From: Fujunjie <fujunjie1@qq.com>
To: Kairui Song <ryncsn@gmail.com>,
"David Hildenbrand (Arm)" <david@kernel.org>
Cc: Andrew Morton <akpm@linux-foundation.org>,
Chris Li <chrisl@kernel.org>,
Johannes Weiner <hannes@cmpxchg.org>,
Nhat Pham <nphamcs@gmail.com>, Yosry Ahmed <yosry@kernel.org>,
linux-mm@kvack.org, linux-kernel@vger.kernel.org,
linux-doc@vger.kernel.org, Jonathan Corbet <corbet@lwn.net>,
Ryan Roberts <ryan.roberts@arm.com>,
Barry Song <baohua@kernel.org>,
Baolin Wang <baolin.wang@linux.alibaba.com>,
Chengming Zhou <chengming.zhou@linux.dev>,
Baoquan He <bhe@redhat.com>, Lorenzo Stoakes <ljs@kernel.org>
Subject: Re: [RFC PATCH 4/5] mm: swap: fall back to order-0 after large swapin races
Date: Tue, 12 May 2026 15:57:15 +0800 [thread overview]

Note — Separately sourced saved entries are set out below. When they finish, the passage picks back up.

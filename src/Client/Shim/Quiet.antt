-- ===== src/Client/Shim/Quiet.antt =====
-- The effects of a run of the shim that do not end it.
use rust_build_server.Prelude.{
  ◌≡◌, refl, Bool, true, false, ◌||◌, List, [], ◌∷◌, Option, none, some, All, Bytes, ok, err,
  if◌then◌else◌,
}
use rust_build_server.Proto.Job.{
  JobId, JobEvent, queued, started, stdout, stderr, exited, rejected, JobRequest,
}
use rust_build_server.Proto.Message.{hello, status, event, error}
use rust_build_server.Client.Backend.{Backend, plain_backend}
use rust_build_server.Client.Submit.{
  Effect, spawned_touch, finished, reported, no_fingerprint, no_backend, gave_up, exec_local,
  Outcome, Turn, received, interrupted, Session, submit_loop, first_id, on_event, submit_job_to,
}
use rust_build_server.Client.Shim.{ShimInput, touch_if_wanted, subcommand, wants_touch}

-- The effects with which a run can end. Where a mismatch is an error (`hard`), no report of one is
-- followed by anything.
abbrev pub is_final : (hard : Bool) → Effect → Bool
is_final hard (finished st) = true
is_final hard (reported b m) = hard || b
is_final hard (no_fingerprint e) = true
is_final hard no_backend = true
is_final hard gave_up = true
is_final hard (exec_local argv) = true
is_final hard _ = false

abbrev pub is_plain : Backend → Bool
is_plain plain_backend = true
is_plain _ = false

abbrev pub Quiet : (hard : Bool) → List Effect → Type 0
Quiet hard es = All (λ e. is_final hard e ≡ false) es

pub on_event-Quiet :
    (hard : Bool) (host : Bytes) (ev : JobEvent) (r : Outcome × List Effect)
    → Quiet hard r.1
    → Quiet hard (on_event host ev r).1
unfolding on_event
on_event-Quiet hard host (queued id position) r q = q
on_event-Quiet hard host (started id) r q = q
on_event-Quiet hard host (stdout id bytes) r q = (refl, q)
on_event-Quiet hard host (stderr id bytes) r q = (refl, q)
on_event-Quiet hard host (exited id code) r q = tt
on_event-Quiet hard host (rejected id reason) r q = tt

pub submit_loop-Quiet :
    (hard : Bool) (host : Bytes) (id : Option JobId) (c : Bool) (turns : List Turn)
    → Quiet hard (submit_loop host id c turns).1
unfolding submit_loop
submit_loop-Quiet hard host id c [] = tt
submit_loop-Quiet hard host id true (interrupted r ∷ turns) =
    submit_loop-Quiet hard host id true turns
submit_loop-Quiet hard host none false (interrupted r ∷ turns) = tt
submit_loop-Quiet hard host (some id) false (interrupted (err e) ∷ turns) = tt
submit_loop-Quiet hard host (some id) false (interrupted (ok u) ∷ turns) =
    (refl, submit_loop-Quiet hard host (some id) true turns)
submit_loop-Quiet hard host id c (received (err e) ∷ turns) = tt
submit_loop-Quiet hard host id c (received (ok none) ∷ turns) = tt
submit_loop-Quiet hard host id c (received (ok (some (event ev))) ∷ turns) =
    on_event-Quiet hard host ev _ (submit_loop-Quiet hard host (first_id id ev) c turns)
submit_loop-Quiet hard host id c (received (ok (some (error e))) ∷ turns) = tt
submit_loop-Quiet hard host id c (received (ok (some (hello v s))) ∷ turns) = tt
submit_loop-Quiet hard host id c (received (ok (some (status s))) ∷ turns) = tt

pub submit_job_to-Quiet :
    (hard : Bool) (s : Session) (request : JobRequest) (host : Bytes)
    → Quiet hard (submit_job_to s request host).1
unfolding submit_job_to
submit_job_to-Quiet hard s request host =
    elim s.send_result
      as (λ r. Quiet hard (submit_job_to (record s { send_result = r }) request host).1) [
        | err e ↦ tt
        | ok u ↦ (refl, submit_loop-Quiet hard host none false s.turns)
      ]

pub touch_if_wanted-Quiet :
    (hard : Bool) (input : ShimInput) (dir : Bytes) → Quiet hard (touch_if_wanted input dir)
unfolding touch_if_wanted
touch_if_wanted-Quiet hard input dir =
    elim (wants_touch input (subcommand input))
      as (λ b. Quiet hard (if b then spawned_touch dir ∷ [] else [])) [
        | true ↦ (refl, tt)
        | false ↦ tt
      ]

Message-ID: <tencent_FFCDE2856BFC5941B165FEC5837B44E72605@qq.com> (raw)
In-Reply-To: <CAMgjq7Cokjb4-F9=cvwKmWR0q4==Vd61FHnjKbRdSHKH57erxw@mail.gmail.com>
On 5/11/2026 10:59 PM, Kairui Song wrote:
> On Mon, May 11, 2026 at 9:14 PM David Hildenbrand (Arm)
> <david@kernel.org> wrote:
>>
>> On 5/8/26 22:20, fujunjie wrote:
>>> swapin_folio() documents that a large folio insertion race returns NULL
>>> so the caller can fall back to order-0 swapin. do_swap_page() currently
>>> turns that NULL into VM_FAULT_OOM if the PTE is unchanged, which is
>>> harsher than necessary and gets in the way of rejecting large folio
>>> ranges for backend reasons.
>>>
>>> Move the synchronous swapin sequence into a helper and retry with an
>>> order-0 folio when a large folio cannot be inserted into the swap cache.

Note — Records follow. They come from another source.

-- ===== src/Client/Shim/Chain.antt =====
-- How the loop over the chain of backends ends: which effect is the last, and with which exit code.
use rust_build_server.Prelude.{
  ◌≡◌, refl, ap, sym, ◌∙◌, Bool, true, false, not, List, [], ◌∷◌, ◌++◌, Option, none, some, ◌⊎◌,
  inl, inr, any, All-append, Bytes, Result, ok, err, pos, arith, if◌then◌else◌, Bool-cases,
}
use mathlib.Core.List.{append_assoc}
use rust_build_server.Proto.Job.{ExitStatus, success, as_process_exit_code, JobRequest}
use rust_build_server.Proto.Toolchain.{ToolchainFingerprint}
use rust_build_server.Client.Transport.{TransportError}
use rust_build_server.Client.Backend.{Backend, remote_backend, local_backend, plain_backend, select}
use rust_build_server.Client.Submit.{
  Effect, pushed, pulled, finished, reported, no_fingerprint, no_backend, Outcome, job_exited,
  mismatch, busy, refused, transport, submit_job_to,
}
use rust_build_server.Client.Shim.{
  ShimInput, Hooks, Run, RemoteConnection, LocalConnection, run_here, after_push, after_root,
  touch_and_run_here, touch_if_wanted, try_chain, try_local, try_remote, after_remote,
  after_mismatch, after_outcome, links_locally, failure, prefixed, hard_mismatch, probe_for,
  request_for, mismatch_of, start_chain,
}
use rust_build_server.Client.Shim.Quiet.{
  is_plain, Quiet, submit_job_to-Quiet, touch_if_wanted-Quiet,
}

-- An outcome that a submission of the job gives, to the remote or to the local server.
abbrev pub FromRemote : ShimInput → Hooks → JobRequest → Outcome → Type 0
FromRemote input hooks request o =
    (c : RemoteConnection) × (hooks.remote_answer ≡ some (ok c))
    × (o ≡ (submit_job_to c.session request c.probed.status.identity.hostname).0)

abbrev pub FromLocal : ShimInput → Hooks → JobRequest → Outcome → Type 0
FromLocal input hooks request o =
    (c : LocalConnection) × (hooks.local_answer ≡ some (ok c))
    × (o ≡ (submit_job_to c.session request c.hostname).0)

-- The submission is of the job of this invocation, with the toolchain of its directory. An interrupt before
-- the first event makes an exit status of its own.
abbrev pub IsSubmitted : ShimInput → Hooks → Outcome → Type 0
IsSubmitted input hooks o =
    (t : ToolchainFingerprint) × (hooks.fingerprint input.cwd input.toolchain_override ≡ ok t)
    × (FromRemote input hooks (request_for input t) o
        ⊎ FromLocal input hooks (request_for input t) o)

-- The chain that the backends' answers leave.
abbrev pub chain_of : ShimInput → Hooks → List Backend
chain_of input hooks =
    (select input.cfg.policy.mode (probe_for input hooks).0 hooks.local_available input.cfg).chain

-- The ends of a run: the real cargo is executed; a submission has given an exit status, and a touch may
-- follow it; a submission has given a mismatch that is an error; or, where `may_fail`, the toolchain is
-- not known, the chain is empty, or no backend is left.
abbrev pub Ending : ShimInput → Hooks → Bool → Run → Type 0
Ending input hooks may_fail r =
    (r ≡ run_here input hooks)
    ⊎ ((st : ExitStatus) × IsSubmitted input hooks (job_exited st)
        × (r ≡ (
          as_process_exit_code st,
          finished st ∷ (if success st then touch_if_wanted input input.cwd else []),
        )))
    ⊎ ((host : Bytes) × (server : ToolchainFingerprint) × (client : ToolchainFingerprint)
        × IsSubmitted input hooks (mismatch host server client)
        × (hard_mismatch input ≡ true)
        × (r ≡ (pos 1, reported true (mismatch_of input host server client) ∷ [])))
    ⊎ ((may_fail ≡ true)
        × (e : Bytes) × (hooks.fingerprint input.cwd input.toolchain_override ≡ err e)
        × (r ≡ (pos 1, no_fingerprint e ∷ [])))
    ⊎ ((may_fail ≡ true) × (chain_of input hooks ≡ []) × (r ≡ (pos 1, no_backend ∷ [])))
    ⊎ ((may_fail ≡ true) × (r ≡ failure))

abbrev pub Ends : ShimInput → Hooks → Bool → Run → Type 0
Ends input hooks may_fail r =
    (es : List Effect) × (end : Run) × Quiet (hard_mismatch input) es
    × Ending input hooks may_fail end
    × (r ≡ prefixed es end)

module _ (input : ShimInput) (hooks : Hooks) where
  pub prefixed-Ends :
      (f : Bool) (es : List Effect) (r : Run)
      → Quiet (hard_mismatch input) es
      → Ends input hooks f r
      → Ends input hooks f (prefixed es r)
  prefixed-Ends f es r q (later, end, ql, ending, e) = (
    es ++ later,
    end,
    All-append _ es later q ql,
    ending,
    ap (prefixed es) e ∙ ap (λ x. (end.0, x)) (sym (append_assoc es later end.1)),
  )

  pub run_here-Ends : (f : Bool) → Ends input hooks f (run_here input hooks)
  run_here-Ends f = ([], run_here input hooks, tt, inl refl, refl)

  pub touch_and_run_here-Ends :
      (f : Bool) (dir : Bytes) → Ends input hooks f (touch_and_run_here input hooks dir)
  unfolding touch_and_run_here
  touch_and_run_here-Ends f dir = (
    touch_if_wanted input dir,
    run_here input hooks,
    touch_if_wanted-Quiet (hard_mismatch input) input dir,
    inl refl,
    refl,
  )

  failure-Ends : Ends input hooks true failure
  failure-Ends = ([], failure, tt, inr (inr (inr (inr (inr (refl, refl))))), refl)

  after_mismatch-Ends :
      (f b : Bool) (host : Bytes) (server client : ToolchainFingerprint) (next : Run)
      → hard_mismatch input ≡ b
      → IsSubmitted input hooks (mismatch host server client)
      → Ends input hooks f next
      → Ends input hooks f (after_mismatch b (mismatch_of input host server client) next)
  unfolding after_mismatch
  after_mismatch-Ends f true host server client next hard by h = (
    [],
    (pos 1, reported true (mismatch_of input host server client) ∷ []),
    tt,
    inr (inr (inl (host, server, client, by, hard, refl))),
    refl,
  )
  after_mismatch-Ends f false host server client next soft by h =
      prefixed-Ends f (reported false (mismatch_of input host server client) ∷ []) next
        (ground (arith, soft), tt) h

  after_outcome-Ends :
      (f : Bool) (o : Outcome) (next : Run)
      → IsSubmitted input hooks o
      → Ends input hooks f next
      → Ends input hooks f (after_outcome input o next)
  unfolding after_outcome
  after_outcome-Ends f (job_exited st) next by h =
      ([], after_outcome input (job_exited st) next, tt, inr (inl (st, by, refl)), refl)
  after_outcome-Ends f (mismatch host server client) next by h =
      after_mismatch-Ends f (hard_mismatch input) host server client next refl by h
  after_outcome-Ends f busy next by h = h
  after_outcome-Ends f (refused reason) next by h = h
  after_outcome-Ends f (transport e) next by h = h

  -- The remote's part of the chain.
  after_remote-Ends :
      (f : Bool) (root : Bytes) (o : Outcome) (next : Run)
      → IsSubmitted input hooks o
      → Ends input hooks f next
      → Ends input hooks f (after_remote input hooks root o next)
  unfolding after_remote
  after_remote-Ends f root o next by h = elim (Bool-cases (links_locally input o)) [
    | inl links ↦ rw links (
        prefixed-Ends f (touch_if_wanted input root ++ pulled root ∷ []) _
          (All-append _ (touch_if_wanted input root) (pulled root ∷ [])
            (touch_if_wanted-Quiet (hard_mismatch input) input root) (refl, tt))
          (run_here-Ends f))
    | inr other ↦ rw other (after_outcome-Ends f o next by h)
  ]

  after_push-Ends :
      (f : Bool) (request : JobRequest) (c : RemoteConnection) (root : Bytes)
      (r : Result Bytes Unit) (next : Run)
      → IsSubmitted input hooks
          (submit_job_to c.session request c.probed.status.identity.hostname).0
      → Ends input hooks f next
      → Ends input hooks f (after_push input hooks request c root r next)
  unfolding after_push
  after_push-Ends f request c root (err e) next by h =
      prefixed-Ends f (pushed root input.cfg.remote.host ∷ []) next (refl, tt) h
  after_push-Ends f request c root (ok u) next by h =
      let r = submit_job_to c.session request c.probed.status.identity.hostname in
      prefixed-Ends f (pushed root input.cfg.remote.host ∷ r.1) _
        (
          refl,
          submit_job_to-Quiet (hard_mismatch input) c.session request
              c.probed.status.identity.hostname,
        )
        (after_remote-Ends f root r.0 next by h)

  after_root-Ends :
      (f : Bool) (request : JobRequest) (c : RemoteConnection) (root : Result Bytes Bytes)
      (next : Run)
      → IsSubmitted input hooks
          (submit_job_to c.session request c.probed.status.identity.hostname).0
      → Ends input hooks f next
      → Ends input hooks f (after_root input hooks request c root next)
  unfolding after_root
  after_root-Ends f request c (err e) next by h = h
  after_root-Ends f request c (ok root) next by h =
      after_push-Ends f request c root (hooks.push root input.cfg.remote.host) next by h

  try_local-Ends :
      (f : Bool) (t : ToolchainFingerprint)
      → hooks.fingerprint input.cwd input.toolchain_override ≡ ok t
      → (a : Option (Result (TransportError Bytes) LocalConnection)) → hooks.local_answer ≡ a
      → (next : Run) → Ends input hooks f next
      → Ends input hooks f (try_local input (request_for input t) a next)
  unfolding try_local
  try_local-Ends f t known none e next h = h
  try_local-Ends f t known (some (err x)) e next h = h
  try_local-Ends f t known (some (ok conn)) e next h =
      let request = request_for input t in
      prefixed-Ends f (submit_job_to conn.session request conn.hostname).1 _
        (submit_job_to-Quiet (hard_mismatch input) conn.session request conn.hostname)
        (after_outcome-Ends f (submit_job_to conn.session request conn.hostname).0 next
          (t, known, inr (conn, e, refl)) h)

  weaken_end : {r : Run} → Ending input hooks false r → Ending input hooks true r
  weaken_end (inl a) = inl a
  weaken_end (inr (inl a)) = inr (inl a)
  weaken_end (inr (inr (inl a))) = inr (inr (inl a))
  weaken_end (inr (inr (inr (inl (h, x, a, e))))) = absurd (ground arith)
  weaken_end (inr (inr (inr (inr (inl (h, a, e)))))) = absurd (ground arith)
  weaken_end (inr (inr (inr (inr (inr (h, e)))))) = absurd (ground arith)

  -- The loop fails only on a chain without the real cargo.
  try_chain-Ends :
      (t : ToolchainFingerprint)
      → hooks.fingerprint input.cwd input.toolchain_override ≡ ok t
      → (chain : List Backend) (conn : Option RemoteConnection)
      → ((c : RemoteConnection) → conn ≡ some c → hooks.remote_answer ≡ some (ok c))
      → Ends input hooks
          (not (any is_plain chain))
          (try_chain input hooks (request_for input t) conn chain)
  unfolding try_chain try_remote
  try_chain-Ends t known [] conn from = failure-Ends
  try_chain-Ends t known (plain_backend ∷ chain) conn from = touch_and_run_here-Ends false input.cwd
  try_chain-Ends t known (remote_backend ∷ chain) none from = try_chain-Ends t known chain none from
  try_chain-Ends t known (remote_backend ∷ chain) (some c) from =
      after_root-Ends _ (request_for input t) c (hooks.workspace_root input.cwd) _
        (t, known, inl (c, from c refl, refl))
        (try_chain-Ends t known chain none (λ d e. absurd (cc)))
  try_chain-Ends t known (local_backend ∷ chain) conn from =
      try_local-Ends _ t known hooks.local_answer refl _ (try_chain-Ends t known chain conn from)

  pub start_chain-Ends :
      (t : ToolchainFingerprint)
      → hooks.fingerprint input.cwd input.toolchain_override ≡ ok t
      → (chain : List Backend) → chain_of input hooks ≡ chain
      → (conn : Option RemoteConnection)
      → ((c : RemoteConnection) → conn ≡ some c → hooks.remote_answer ≡ some (ok c))
      → Ends input hooks
          (not (any is_plain chain))
          (start_chain input hooks (request_for input t) conn chain)
  unfolding start_chain
  start_chain-Ends t known [] e conn from =
      ([], (pos 1, no_backend ∷ []), tt, inr (inr (inr (inr (inl (refl, e, refl))))), refl)
  start_chain-Ends t known (b ∷ chain) e conn from = try_chain-Ends t known (b ∷ chain) conn from

  pub weaken : (f : Bool) (r : Run) → Ends input hooks f r → Ends input hooks true r
  weaken true r h = h
  weaken false r (es, end, q, ending, e) = (es, end, q, weaken_end ending, e)

-- A connection that the probe leaves is the remote's.
pub probe_for-answered :
    (input : ShimInput) (hooks : Hooks) (c : RemoteConnection)
    → (probe_for input hooks).1 ≡ some c
    → hooks.remote_answer ≡ some (ok c)
unfolding probe_for
probe_for-answered input hooks c e = ground arith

>>> Count the event as an mTHP swapin fallback before dropping the failed
>>> large allocation.
>>>
>>> Signed-off-by: fujunjie <fujunjie1@qq.com>
>>> ---
>>> mm/memory.c | 50 +++++++++++++++++++++++++++++++++++++++-----------
>>> 1 file changed, 39 insertions(+), 11 deletions(-)
>>>
>>> diff --git a/mm/memory.c b/mm/memory.c
>>> index ea6568571131..84e3b77b8293 100644
>>> --- a/mm/memory.c
>>> +++ b/mm/memory.c
>>> @@ -4757,6 +4757,44 @@ static struct folio *alloc_swap_folio(struct vm_fault *vmf)
>>> }
>>> #endif /* CONFIG_TRANSPARENT_HUGEPAGE */
>>>
>>> +static struct folio *swapin_synchronous_folio(swp_entry_t entry,
>>> + struct vm_fault *vmf)
>>> +{
>>> + struct folio *swapcache, *folio;
>>> + bool large;
>>> + int order;
>>> +
>>> + folio = alloc_swap_folio(vmf);
>>> + if (!folio)
>>> + return NULL;
>>> +
>>> + large = folio_test_large(folio);
>>> + order = folio_order(folio);
>>> +
>>> + /*
>>> + * folio is charged, so swapin can only fail due to raced swapin and
>>> + * return NULL.
>>> + */
>>> + swapcache = swapin_folio(entry, folio);
>>> + if (swapcache == folio)
>>> + return folio;
>>> +
>>> + if (!swapcache && large)
>>> + count_mthp_stat(order, MTHP_STAT_SWPIN_FALLBACK);
>>> + folio_put(folio);
>>> + if (swapcache || !large)
>>> + return swapcache;
>>> +
>>> + folio = __alloc_swap_folio(vmf);
>>> + if (!folio)
>>> + return NULL;
>>> +
>>> + swapcache = swapin_folio(entry, folio);
>>> + if (swapcache != folio)
>>> + folio_put(folio);
>>> + return swapcache;
>>> +}
>>> +
>>> /* Sanity check that a folio is fully exclusive */
>>> static void check_swap_exclusive(struct folio *folio, swp_entry_t entry,
>>> unsigned int nr_pages)
>>> @@ -4860,17 +4898,7 @@ vm_fault_t do_swap_page(struct vm_fault *vmf)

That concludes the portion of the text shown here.